Nota. La figura 1 presenta la ilustración de un entorno educativo dinámico. Fuente: Imagen generada por inteligencia artificial con Perplexity. 6.2. Planificación para la flexibilidad y adaptación en el aulaDesde la perspectiva actual, el diseño de unidades didácticas debe partir de una contextualización realista de los estudiantes y del entorno: identificar intereses, necesidades y ritmos de aprendizaje es primordial para responder de forma empática y pertinente a la realidad del aula. Hoy sabemos, gracias a la neurociencia, que el cerebro está particularmente predispuesto a aprender de manera activa, por medio de la exploración, el reto y la interacción significativa con el entorno, como destaca Sousa (2014); en este sentido, la curiosidad y la motivación por aprender emergen como motores naturales del aprendizaje, y nuestro diseño debe fomentar experiencias participativas, multisensoriales y ligadas a la resolución de problemas reales.

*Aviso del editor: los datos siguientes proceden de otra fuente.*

-- ===== src/Examples/Storage.antt =====
-- Records, yaml pages and the cluster.
use computing_api.Base.{
  Bool, Bool-cases, List, Str, [], arith, false, foreign, inl, inr, none, ok, refl, str_eq,
  str_eq_iff, suc, sym, text, true, zero, ℕ, ◌<◌, ◌∷◌, ◌≡◌, ◌≢◌,
}
use computing_api.Base.Int.{pos}
use computing_api.Kv.{delete, delete_all, has, multi_delete, multi_put, put, put_all, update}
use computing_api.Kv.Memory.{Table, memory, memory_laws}
use computing_api.Kube.{Condition}
use computing_api.Deploy.{
  container_port, create_deployments, create_node_port_svc, create_services, deploy, deploy_renamed,
  is_available, node_port_of, rename, wait_all, wait_ready, wait_tries,
}
use computing_api.Deploy.Ready.{after, wait_ready_iff}
use computing_api.Deploy.Cleaning.{DeletionLaws}
use computing_api.Yaml.{Page}
use computing_api.Local.{authorize, deploy_app, terminate}
use computing_api.Kv.Runs.{
  Runs-replay, Write, deletes, failing, multi_puts, perform, replay, succeeded, unchanged, updates,
}
use computing_api.Local.Users.{
  AllDo, Call, authorizes, call, calls_of, calls_of-AllDo, deploys, terminates, users_of,
}
use computing_api.Rpc.{empty_lease}
use computing_api.Examples.{
  Here, condition_at, ledger, named_deployment, settings, small, start, user,
}

abbrev entrance : Str
entrance = b'e' ∷ user

-- A cluster with nothing on it that has been up for two seconds.
abbrev fresh : Here
fresh = record start { cluster = record { time = 2; running = λ n. false; serving = λ n. false } }

-- A lease is ended, a new one begins, and an application is deployed.
abbrev user_calls : List Call
user_calls =
    terminates user
    ∷ authorizes user empty_lease
    ∷ deploys (named_deployment user ∷ []) [] user
    ∷ []

abbrev served_user : Here
unfolding calls_of call terminate multi_delete delete_all authorize has put deploy_app deploy rename
    deploy_renamed create_deployments create_services create_node_port_svc container_port
    node_port_of wait_all wait_ready wait_tries is_available text
served_user = (calls_of memory small ledger settings.encode_lease user_calls fresh).1

calls_of-AllDo_example :
    AllDo memory small ledger settings.encode_lease user_calls
      (users_of memory small ledger settings.encode_lease memory_laws fresh)
      (users_of memory small ledger settings.encode_lease memory_laws served_user)
unfolding calls_of call terminate multi_delete delete_all authorize has put deploy_app deploy rename
    deploy_renamed create_deployments create_services create_node_port_svc container_port
    node_port_of wait_all wait_ready wait_tries is_available text
calls_of-AllDo_example =
    calls_of-AllDo memory small ledger settings.encode_lease memory_laws user_calls fresh
      served_user refl

-- Two keys are put, one that is not there cannot be updated, and one is deleted.
abbrev map_calls : List (Write × Bool)
map_calls =
    (multi_puts ((1 ∷ []) ∷ (2 ∷ []) ∷ []) ((7 ∷ []) ∷ (8 ∷ []) ∷ []), true)
    ∷ (updates (3 ∷ []) ok, false)
    ∷ (deletes (1 ∷ []), true)
    ∷ []

abbrev two_keys : Table
unfolding multi_put put_all
two_keys = (multi_put memory ((1 ∷ []) ∷ (2 ∷ []) ∷ []) ((7 ∷ []) ∷ (8 ∷ []) ∷ []) (λ j. none)).1

abbrev one_key : Table
unfolding delete multi_put put_all
one_key = (delete memory (1 ∷ []) two_keys).1

Runs-replay_example : one_key ≡ replay map_calls (λ j. none)
unfolding perform multi_put put_all update delete
Runs-replay_example =
    Runs-replay memory memory_laws map_calls (λ j. none) one_key
      (succeeded refl (failing (foreign "Key not found") refl (succeeded refl unchanged)))

seen_waiting :
    (m : ℕ)
    → m < 2
    → (cs : List Condition) × (small.conditions_of user (after small m start.cluster) ≡ ok cs)
      × (is_available cs ≡ false)
unfolding is_available text
seen_waiting zero h = (condition_at 0 ∷ [], refl, refl)
seen_waiting (suc zero) h = (condition_at 1 ∷ [], refl, refl)
seen_waiting (suc (suc m)) h = absurd (omega arith)

wait_ready_iff_example : (wait_ready small (named_deployment user) start.cluster).0 ≡ ok true
unfolding is_available text
wait_ready_iff_example = (wait_ready_iff small (named_deployment user) start.cluster).1 (
  2,
  omega arith,
  record {
    conditions = condition_at 2 ∷ [];
    seen = refl;
    available = refl;
    waited = λ m h. seen_waiting m h;
  },
)

str_eq_ne : (a b : Str) → b ≢ a → str_eq a b ≡ false
str_eq_ne a b n = elim (Bool-cases (str_eq a b)) [
  | inl same ↦ absurd (n (sym ((str_eq_iff a b).0 same)))
  | inr apart ↦ apart
]

small_deletions : DeletionLaws small
small_deletions = record {
  other_law = λ name other_name s n. rw (str_eq_ne name other_name n) refl;
  service_law = λ name other_name s. refl;
}

abbrev page : Page
page = record { url_path = ok (text "/a.yml"); content_length = ok (pos 1048576); body = ok user }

Es fundamental estructurar la unidad con criterios claros: definir objetivos específicos, seleccionar contenidos relevantes y relacionarlos con competencias clave que favorecen el desarrollo integral de los estudiantes. Para lograrlo, conviene articular el aprendizaje a través de metodologías activas como el aprendizaje basado en problemas, el estudio de caso o la gamificación. Estas estrategias fomentan la participación, el pensamiento crítico y la autonomía, haciendo del estudiante el verdadero protagonista de su proceso formativo y promoviendo, además, la transferencia del conocimiento a situaciones reales. Así, la neuroeducación afirma que el aprendizaje significativo se produce cuando se vincula la emoción, la experiencia y la motivación (Guillén-Mendoza, 2025).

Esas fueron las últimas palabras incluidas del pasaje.